Allowance is $18/week ($72/month) + $50ish over the course of the month (that is basically one take out meal/week for when there is a hectic night of sports/our work schedule or some other random thing.) This doesn't count gas ($40/week) but that is almost exclusively to go to school/sports practice/run errands for us. If they were driving more for fun, they would be picking up the cost of gas.
Anonymous
My kid spend about 1k per month on credit card. Mainly for gas and snacks . Food after school with friends and on weekend. Occasional Ubers when they don’t have access to the car. Occasional movies. But it adds up quickly.
Anonymous
Anonymous wrote:
Anonymous wrote:My kids don't have cars. If they use my car to run errands for the family or their health Dh and I pay for gas. If they want to borrow the car to do something with friends they know to fill back up the tank before they bring the car home (or, if it's not safe, by 9am the following morning).

We will buy them two pairs of shoes each year, but spend no more than $75 on each pair. If they want more expensive shoes they have to toss money in the pot.

If they go on a fun outing with the family, we pay. If they are going out with friends they pay.

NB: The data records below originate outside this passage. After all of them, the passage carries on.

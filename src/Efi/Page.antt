-- ===== src/Efi/Page.antt =====
-- The page of the boot information that boot/efi/loader.c builds.
use mantle_os.Base.{
  ℕ, ◌+◌, ◌*◌, ◌/◌, ◌%◌, ◌<◌, ◌≡◌, refl, ◌⊎◌, inl, inr, Option, none, some, List, [], ◌∷◌, add32,
  u32_mod, arith,
}
use mantle_os.Memory.{done, Spells, update, put32, le32}
use mantle_os.Memory.Overlay.{overlay}
use mantle_os.Elf.Copy.{clear_bytes-overlay}
use mantle_os.Efi.Info.{GraphicsMode, module_command, write_module, write_graphics, build_info}

abbrev pub stored : (ℕ → ℕ) → ℕ → List ℕ → ℕ → ℕ
stored f at [] = f
stored f at (c ∷ cs) = stored (update f at c) (at + 1) cs

-- A page with the tag of the module.
abbrev pub module_page : (ℕ → ℕ) → ℕ → ℕ → ℕ → ℕ
module_page f start end =
    stored (put32 (put32 (put32 (put32 f 8 3) 12 30) 16 start) 20 end) 24 module_command

abbrev pub graphics_page : (ℕ → ℕ) → GraphicsMode → ℕ → ℕ
graphics_page f mode =
    let base = put32 (put32 (put32 f 40 8) 44 38) 48 (mode.frame_buffer_base % 0x1_0000_0000) in
    let based = put32 base 52 (mode.frame_buffer_base / 0x1_0000_0000) in
    let pitched = put32 based 56 (mode.pixels_per_scan_line * 4 % u32_mod) in
    let wide = put32 (put32 pitched 60 mode.horizontal_resolution) 64 mode.vertical_resolution in
    update (update (update (update (update wide 68 32) 69 1) 72 0) 74 8) 76 16

abbrev pub end_page : (ℕ → ℕ) → ℕ → ℕ → ℕ
end_page f offset = put32 (put32 (put32 f offset 0) (offset + 4) 8) 0 (offset + 8)

abbrev pub info_page : (ℕ → ℕ) → Option GraphicsMode → ℕ → ℕ → ℕ → ℕ
info_page f none start end = end_page (module_page f start end) 40
info_page f (some mode) start end = end_page (graphics_page (module_page f start end) mode) 80

abbrev pub blank : (ℕ → ℕ) → ℕ → ℕ
blank f = overlay f 0 0x1000 (λ k. 0)

pub build_info_lem :
    (address : ℕ) (f : ℕ → ℕ) (graphics : Option GraphicsMode) (rootfs size : ℕ)
    → build_info (some (address, record { byte = f; size = 0x1000 })) graphics rootfs size
      ≡ done (
          some (
            address,
            record {
              byte =
                  info_page
                    (blank f)
                    graphics
                    (rootfs % u32_mod)
                    (add32 (rootfs % u32_mod) (size % u32_mod));
              size = 0x1000;
            },
          ))
unfolding build_info write_module write_graphics
build_info_lem address f none rootfs size =
    rw (clear_bytes-overlay 0x1000 (record { byte = f; size = 0x1000 }) 0 (omega arith)) refl
build_info_lem address f (some mode) rootfs size =
    rw (clear_bytes-overlay 0x1000 (record { byte = f; size = 0x1000 }) 0 (omega arith)) refl

-- What the kernel reads of the module's tag.
pub record ModulePage (p : ℕ → ℕ) (start end : ℕ) : Type 0 where
  pub total : (le32 p 0 ≡ 48) ⊎ (le32 p 0 ≡ 88)
  pub type : le32 p 8 ≡ 3
  pub size : le32 p 12 ≡ 30
  pub first : le32 p 16 ≡ start
  pub last : le32 p 20 ≡ end
  pub command : Spells p 24 module_command
  pub terminated : p 37 ≡ 0

pub info_page-ModulePage :
    (f : ℕ → ℕ) (graphics : Option GraphicsMode) (start end : ℕ)
    → start < u32_mod
    → end < u32_mod
    → ModulePage (info_page (blank f) graphics start end) start end
info_page-ModulePage f none start end s e = record {
  total = inl refl;
  type = refl;
  size = refl;
  first = omega arith;
  last = omega arith;
  command = omega arith;
  terminated = refl;
}
info_page-ModulePage f (some mode) start end s e = record {
  total = inr refl;
  type = refl;
  size = refl;
  first = omega arith;
  last = omega arith;
  command = omega arith;
  terminated = refl;
}

-- Every value is a byte.
pub record AreBytes (f : ℕ → ℕ) : Type 0 where
  pub small : (i : ℕ) → f i < 256

update-AreBytes : {f : ℕ → ℕ} (a v : ℕ) → v < 256 → AreBytes f → AreBytes (update f a v)
update-AreBytes a v small bytes = record { small = λ i. ground (arith, bytes.small i) }

put32-AreBytes : {f : ℕ → ℕ} (a v : ℕ) → AreBytes f → AreBytes (put32 f a v)
put32-AreBytes a v bytes = record { small = λ i. ground (arith, bytes.small i) }

pub blank-AreBytes : {f : ℕ → ℕ} → AreBytes f → AreBytes (blank f)
blank-AreBytes bytes = record { small = λ i. ground (arith, bytes.small i) }

abbrev pub Small : List ℕ → Type 0
Small [] = Unit {0}
Small (c ∷ cs) = (c < 256) × Small cs

stored-AreBytes :
    (f : ℕ → ℕ) (at : ℕ) (cs : List ℕ) → Small cs → AreBytes f → AreBytes (stored f at cs)
stored-AreBytes f at [] small bytes = bytes
stored-AreBytes f at (c ∷ cs) (small, rest) bytes =
    stored-AreBytes (update f at c) (at + 1) cs rest (update-AreBytes {f = f} at c small bytes)

module_page-AreBytes : (f : ℕ → ℕ) (start end : ℕ) → AreBytes f → AreBytes (module_page f start end)
module_page-AreBytes f start end bytes =
    stored-AreBytes _ 24 module_command (omega arith) (search put32-AreBytes)

end_page-AreBytes : (f : ℕ → ℕ) (offset : ℕ) → AreBytes f → AreBytes (end_page f offset)
end_page-AreBytes f offset bytes = search put32-AreBytes

graphics_page-AreBytes :
    (f : ℕ → ℕ) (mode : GraphicsMode) → AreBytes f → AreBytes (graphics_page f mode)
graphics_page-AreBytes f mode bytes = search (put32-AreBytes, update-AreBytes, arith)

pub info_page-AreBytes :
    (f : ℕ → ℕ) (graphics : Option GraphicsMode) (start end : ℕ)
    → AreBytes f
    → AreBytes (info_page f graphics start end)
info_page-AreBytes f none start end bytes =
    end_page-AreBytes (module_page f start end) 40 (module_page-AreBytes f start end bytes)
info_page-AreBytes f (some mode) start end bytes =
    end_page-AreBytes (graphics_page (module_page f start end) mode) 80 (
      graphics_page-AreBytes (module_page f start end) mode
        (module_page-AreBytes f start end bytes))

OP here and he doesn't have a car per se. I wah so he and dd take the car to school, sports...It's my car I don't drive bc I am working with no commute. I don't mind paying for gas. My issue is how ungrateful he was. It all started so stupidly: he said there was no more protein powder. I tell him just tell me which and I will buy it. He goes "well I usually pay for my own food." It's ridiculous because I obviously buy groceries for the family, I just don't know which powder he wants. So basically he just wanted to get in a dig about how he pays for food out with friends. Then I say I pay for a lot and I would have paid for the powder. He goes "well yeah, all parents buy food for their family, it's normal." As if I were saying otherwise!! I am just beside myself at how bratty he was.


This would have pissed me off and I would have told him he can buy his own protein powder. But later we would have talked about what sort of relationship he wanted with me and how he treats me has an impact.

I give my youngest $100 a month. She uses it for clothes (her choice because I would buy her clothes), nails, and going out with friends. If she’s had a month when she went out a lot or got nails she’ll ask me for money on occasion but most likely she’ll decline invites or go and not eat. Also her choice because I’d give her money. I don’t discourage that because it’s good to learn to manage money. When we go out together, I always treat even if she offers.

I will also pay for car insurance and gas for her for awhile as I did with her older siblings. But I won’t buy her a car. I also pay for higher education but there’s a budget.

OP I think you are doing well with teaching your kids about money. I also think all kids sometimes say stupid and thoughtless things. I’d address it but I wouldn’t let it bother me too much unless it was all the time. If it was all the time I’d be reducing the extras I give.